### Entries shown:

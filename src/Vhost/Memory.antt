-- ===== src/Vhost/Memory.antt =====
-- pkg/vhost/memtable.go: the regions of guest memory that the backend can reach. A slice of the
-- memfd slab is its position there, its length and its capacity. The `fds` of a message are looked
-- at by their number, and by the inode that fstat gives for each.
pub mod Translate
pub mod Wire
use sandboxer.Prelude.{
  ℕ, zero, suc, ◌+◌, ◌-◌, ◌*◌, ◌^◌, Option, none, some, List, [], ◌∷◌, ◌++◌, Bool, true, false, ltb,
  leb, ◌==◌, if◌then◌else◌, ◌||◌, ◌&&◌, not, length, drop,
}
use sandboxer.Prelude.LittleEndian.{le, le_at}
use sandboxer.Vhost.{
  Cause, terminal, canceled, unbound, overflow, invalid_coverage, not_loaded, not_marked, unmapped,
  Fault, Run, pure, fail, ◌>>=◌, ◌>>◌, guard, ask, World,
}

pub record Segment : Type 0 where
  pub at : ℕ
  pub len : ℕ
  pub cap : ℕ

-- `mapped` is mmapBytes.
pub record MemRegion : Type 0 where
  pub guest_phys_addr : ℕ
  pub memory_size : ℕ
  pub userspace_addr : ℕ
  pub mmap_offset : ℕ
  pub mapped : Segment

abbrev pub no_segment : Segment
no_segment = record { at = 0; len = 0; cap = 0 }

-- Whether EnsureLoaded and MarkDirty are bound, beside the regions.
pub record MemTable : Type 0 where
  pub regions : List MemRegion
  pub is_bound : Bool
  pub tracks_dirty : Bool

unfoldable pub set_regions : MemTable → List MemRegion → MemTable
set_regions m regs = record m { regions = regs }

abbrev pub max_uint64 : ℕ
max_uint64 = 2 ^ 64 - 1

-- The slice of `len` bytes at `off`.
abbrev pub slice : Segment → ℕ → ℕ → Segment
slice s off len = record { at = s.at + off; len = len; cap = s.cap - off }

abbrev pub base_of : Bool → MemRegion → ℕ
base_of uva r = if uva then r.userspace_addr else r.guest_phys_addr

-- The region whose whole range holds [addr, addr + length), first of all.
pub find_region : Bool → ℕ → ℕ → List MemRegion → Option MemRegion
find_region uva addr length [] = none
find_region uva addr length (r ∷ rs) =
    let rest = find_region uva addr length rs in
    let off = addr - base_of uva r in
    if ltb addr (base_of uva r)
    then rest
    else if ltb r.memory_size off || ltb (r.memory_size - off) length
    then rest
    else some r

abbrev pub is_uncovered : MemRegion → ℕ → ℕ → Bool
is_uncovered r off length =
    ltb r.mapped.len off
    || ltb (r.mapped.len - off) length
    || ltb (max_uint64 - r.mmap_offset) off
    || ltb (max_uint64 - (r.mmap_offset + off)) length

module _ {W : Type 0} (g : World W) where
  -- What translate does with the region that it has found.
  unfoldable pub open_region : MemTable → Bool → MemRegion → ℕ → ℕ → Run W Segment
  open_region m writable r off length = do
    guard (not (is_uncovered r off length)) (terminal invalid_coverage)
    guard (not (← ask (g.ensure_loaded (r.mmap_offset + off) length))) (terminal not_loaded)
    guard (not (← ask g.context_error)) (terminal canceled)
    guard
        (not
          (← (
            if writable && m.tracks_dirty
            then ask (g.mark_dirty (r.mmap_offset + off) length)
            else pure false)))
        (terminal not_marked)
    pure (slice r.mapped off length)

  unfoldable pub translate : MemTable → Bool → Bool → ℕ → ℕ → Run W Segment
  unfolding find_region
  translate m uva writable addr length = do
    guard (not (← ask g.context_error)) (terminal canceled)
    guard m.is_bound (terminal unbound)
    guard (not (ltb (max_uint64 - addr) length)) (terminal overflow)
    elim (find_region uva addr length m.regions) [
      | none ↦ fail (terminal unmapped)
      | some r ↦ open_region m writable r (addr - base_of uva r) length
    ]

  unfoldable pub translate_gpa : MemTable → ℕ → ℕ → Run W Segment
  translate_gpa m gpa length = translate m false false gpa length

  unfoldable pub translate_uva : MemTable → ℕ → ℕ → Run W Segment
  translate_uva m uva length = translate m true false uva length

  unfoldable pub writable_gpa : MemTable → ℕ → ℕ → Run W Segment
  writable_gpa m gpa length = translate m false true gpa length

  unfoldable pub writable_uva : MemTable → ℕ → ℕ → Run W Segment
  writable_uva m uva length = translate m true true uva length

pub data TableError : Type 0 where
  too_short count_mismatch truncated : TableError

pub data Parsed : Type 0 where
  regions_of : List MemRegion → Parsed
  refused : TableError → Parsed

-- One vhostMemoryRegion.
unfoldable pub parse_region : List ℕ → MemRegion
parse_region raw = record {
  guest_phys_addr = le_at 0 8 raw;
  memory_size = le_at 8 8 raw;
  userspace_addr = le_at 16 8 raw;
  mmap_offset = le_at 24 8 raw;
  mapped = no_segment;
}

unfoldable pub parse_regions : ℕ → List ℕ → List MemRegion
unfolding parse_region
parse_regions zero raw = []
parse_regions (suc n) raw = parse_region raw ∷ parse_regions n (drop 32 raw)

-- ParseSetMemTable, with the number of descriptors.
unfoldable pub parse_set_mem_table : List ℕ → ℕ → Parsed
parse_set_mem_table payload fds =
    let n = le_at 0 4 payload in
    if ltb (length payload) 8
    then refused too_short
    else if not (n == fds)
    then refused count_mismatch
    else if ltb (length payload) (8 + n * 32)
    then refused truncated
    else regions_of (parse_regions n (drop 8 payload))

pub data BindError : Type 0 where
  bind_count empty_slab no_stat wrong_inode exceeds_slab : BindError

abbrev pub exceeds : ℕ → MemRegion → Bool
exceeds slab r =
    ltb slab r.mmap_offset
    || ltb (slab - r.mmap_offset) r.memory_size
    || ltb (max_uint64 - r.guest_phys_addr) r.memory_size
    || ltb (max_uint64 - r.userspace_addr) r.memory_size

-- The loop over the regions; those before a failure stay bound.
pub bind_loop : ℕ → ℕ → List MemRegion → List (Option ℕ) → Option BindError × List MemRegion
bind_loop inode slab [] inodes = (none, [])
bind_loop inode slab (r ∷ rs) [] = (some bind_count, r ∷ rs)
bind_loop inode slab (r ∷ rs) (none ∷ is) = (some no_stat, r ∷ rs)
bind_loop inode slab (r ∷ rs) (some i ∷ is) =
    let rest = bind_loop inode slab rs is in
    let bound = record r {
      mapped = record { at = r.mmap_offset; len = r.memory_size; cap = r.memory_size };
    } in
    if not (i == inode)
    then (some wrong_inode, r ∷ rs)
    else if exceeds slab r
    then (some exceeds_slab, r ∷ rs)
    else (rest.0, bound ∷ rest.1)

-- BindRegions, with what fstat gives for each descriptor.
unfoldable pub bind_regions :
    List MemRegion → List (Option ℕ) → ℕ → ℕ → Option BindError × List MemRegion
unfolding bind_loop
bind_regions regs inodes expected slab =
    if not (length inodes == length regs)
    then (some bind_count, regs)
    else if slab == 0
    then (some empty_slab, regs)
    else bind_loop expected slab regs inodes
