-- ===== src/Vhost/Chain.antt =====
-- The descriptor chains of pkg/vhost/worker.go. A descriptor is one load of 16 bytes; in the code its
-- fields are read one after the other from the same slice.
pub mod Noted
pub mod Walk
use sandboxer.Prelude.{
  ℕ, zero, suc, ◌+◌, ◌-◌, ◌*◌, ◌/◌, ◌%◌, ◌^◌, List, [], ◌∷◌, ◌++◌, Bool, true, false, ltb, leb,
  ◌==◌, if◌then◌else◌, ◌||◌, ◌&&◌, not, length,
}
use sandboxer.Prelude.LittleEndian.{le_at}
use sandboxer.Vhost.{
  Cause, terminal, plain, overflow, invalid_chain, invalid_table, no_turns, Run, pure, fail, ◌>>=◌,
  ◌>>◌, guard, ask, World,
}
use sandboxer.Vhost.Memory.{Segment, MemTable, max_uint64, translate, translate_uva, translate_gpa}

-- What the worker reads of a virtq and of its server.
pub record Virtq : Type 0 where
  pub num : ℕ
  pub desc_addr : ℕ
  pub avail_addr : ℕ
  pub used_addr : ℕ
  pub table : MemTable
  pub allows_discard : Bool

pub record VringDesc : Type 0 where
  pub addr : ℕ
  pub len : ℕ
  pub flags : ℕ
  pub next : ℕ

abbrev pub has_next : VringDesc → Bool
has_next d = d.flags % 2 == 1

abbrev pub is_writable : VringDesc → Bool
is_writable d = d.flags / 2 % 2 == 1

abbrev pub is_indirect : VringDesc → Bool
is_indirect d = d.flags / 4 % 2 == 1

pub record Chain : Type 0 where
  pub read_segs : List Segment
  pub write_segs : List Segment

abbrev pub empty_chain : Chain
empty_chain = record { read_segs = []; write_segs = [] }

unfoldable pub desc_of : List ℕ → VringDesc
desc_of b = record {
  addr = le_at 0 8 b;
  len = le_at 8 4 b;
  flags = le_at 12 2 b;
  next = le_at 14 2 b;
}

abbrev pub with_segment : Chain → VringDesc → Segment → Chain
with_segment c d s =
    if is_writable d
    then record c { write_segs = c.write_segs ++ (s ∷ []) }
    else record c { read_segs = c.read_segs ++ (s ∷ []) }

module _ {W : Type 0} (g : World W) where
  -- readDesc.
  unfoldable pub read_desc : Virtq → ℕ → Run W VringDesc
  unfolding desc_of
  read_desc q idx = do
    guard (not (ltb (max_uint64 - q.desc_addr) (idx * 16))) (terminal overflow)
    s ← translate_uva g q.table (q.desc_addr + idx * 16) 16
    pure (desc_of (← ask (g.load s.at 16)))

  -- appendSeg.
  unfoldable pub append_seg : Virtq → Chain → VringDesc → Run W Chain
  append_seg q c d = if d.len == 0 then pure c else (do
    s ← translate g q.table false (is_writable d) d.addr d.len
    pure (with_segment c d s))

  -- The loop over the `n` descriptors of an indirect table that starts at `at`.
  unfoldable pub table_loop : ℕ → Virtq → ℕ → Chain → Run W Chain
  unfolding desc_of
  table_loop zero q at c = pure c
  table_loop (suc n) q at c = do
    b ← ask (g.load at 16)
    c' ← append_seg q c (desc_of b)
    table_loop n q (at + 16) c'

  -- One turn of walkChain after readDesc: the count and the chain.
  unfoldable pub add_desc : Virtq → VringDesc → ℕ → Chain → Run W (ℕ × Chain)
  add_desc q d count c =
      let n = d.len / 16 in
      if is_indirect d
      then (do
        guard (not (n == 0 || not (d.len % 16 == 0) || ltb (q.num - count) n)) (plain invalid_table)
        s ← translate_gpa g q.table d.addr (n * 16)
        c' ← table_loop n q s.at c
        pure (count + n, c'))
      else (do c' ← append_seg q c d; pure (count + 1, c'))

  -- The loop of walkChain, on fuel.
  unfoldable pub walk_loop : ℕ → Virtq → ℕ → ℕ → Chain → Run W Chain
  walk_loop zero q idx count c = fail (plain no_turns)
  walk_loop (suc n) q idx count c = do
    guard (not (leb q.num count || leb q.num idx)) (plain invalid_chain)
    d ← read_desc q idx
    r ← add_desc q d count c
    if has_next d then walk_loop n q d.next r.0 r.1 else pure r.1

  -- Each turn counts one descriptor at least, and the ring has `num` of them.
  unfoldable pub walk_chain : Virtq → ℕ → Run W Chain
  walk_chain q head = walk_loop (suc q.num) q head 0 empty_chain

### About this task:
Will you return exactly the lines above from the one with "is_indirect d = d.flags / 4 % 2 == 1" down to the one with "table_loop (suc n) q at c = do", counting both as part of the range?

### Answer space:
is_indirect d = d.flags / 4 % 2 == 1

pub record Chain : Type 0 where
  pub read_segs : List Segment
  pub write_segs : List Segment

abbrev pub empty_chain : Chain
empty_chain = record { read_segs = []; write_segs = [] }

unfoldable pub desc_of : List ℕ → VringDesc
desc_of b = record {
  addr = le_at 0 8 b;
  len = le_at 8 4 b;
  flags = le_at 12 2 b;
  next = le_at 14 2 b;
}

abbrev pub with_segment : Chain → VringDesc → Segment → Chain
with_segment c d s =
    if is_writable d
    then record c { write_segs = c.write_segs ++ (s ∷ []) }
    else record c { read_segs = c.read_segs ++ (s ∷ []) }

module _ {W : Type 0} (g : World W) where
  -- readDesc.
  unfoldable pub read_desc : Virtq → ℕ → Run W VringDesc
  unfolding desc_of
  read_desc q idx = do
    guard (not (ltb (max_uint64 - q.desc_addr) (idx * 16))) (terminal overflow)
    s ← translate_uva g q.table (q.desc_addr + idx * 16) 16
    pure (desc_of (← ask (g.load s.at 16)))

  -- appendSeg.
  unfoldable pub append_seg : Virtq → Chain → VringDesc → Run W Chain
  append_seg q c d = if d.len == 0 then pure c else (do
    s ← translate g q.table false (is_writable d) d.addr d.len
    pure (with_segment c d s))

  -- The loop over the `n` descriptors of an indirect table that starts at `at`.
  unfoldable pub table_loop : ℕ → Virtq → ℕ → Chain → Run W Chain
  unfolding desc_of
  table_loop zero q at c = pure c
  table_loop (suc n) q at c = do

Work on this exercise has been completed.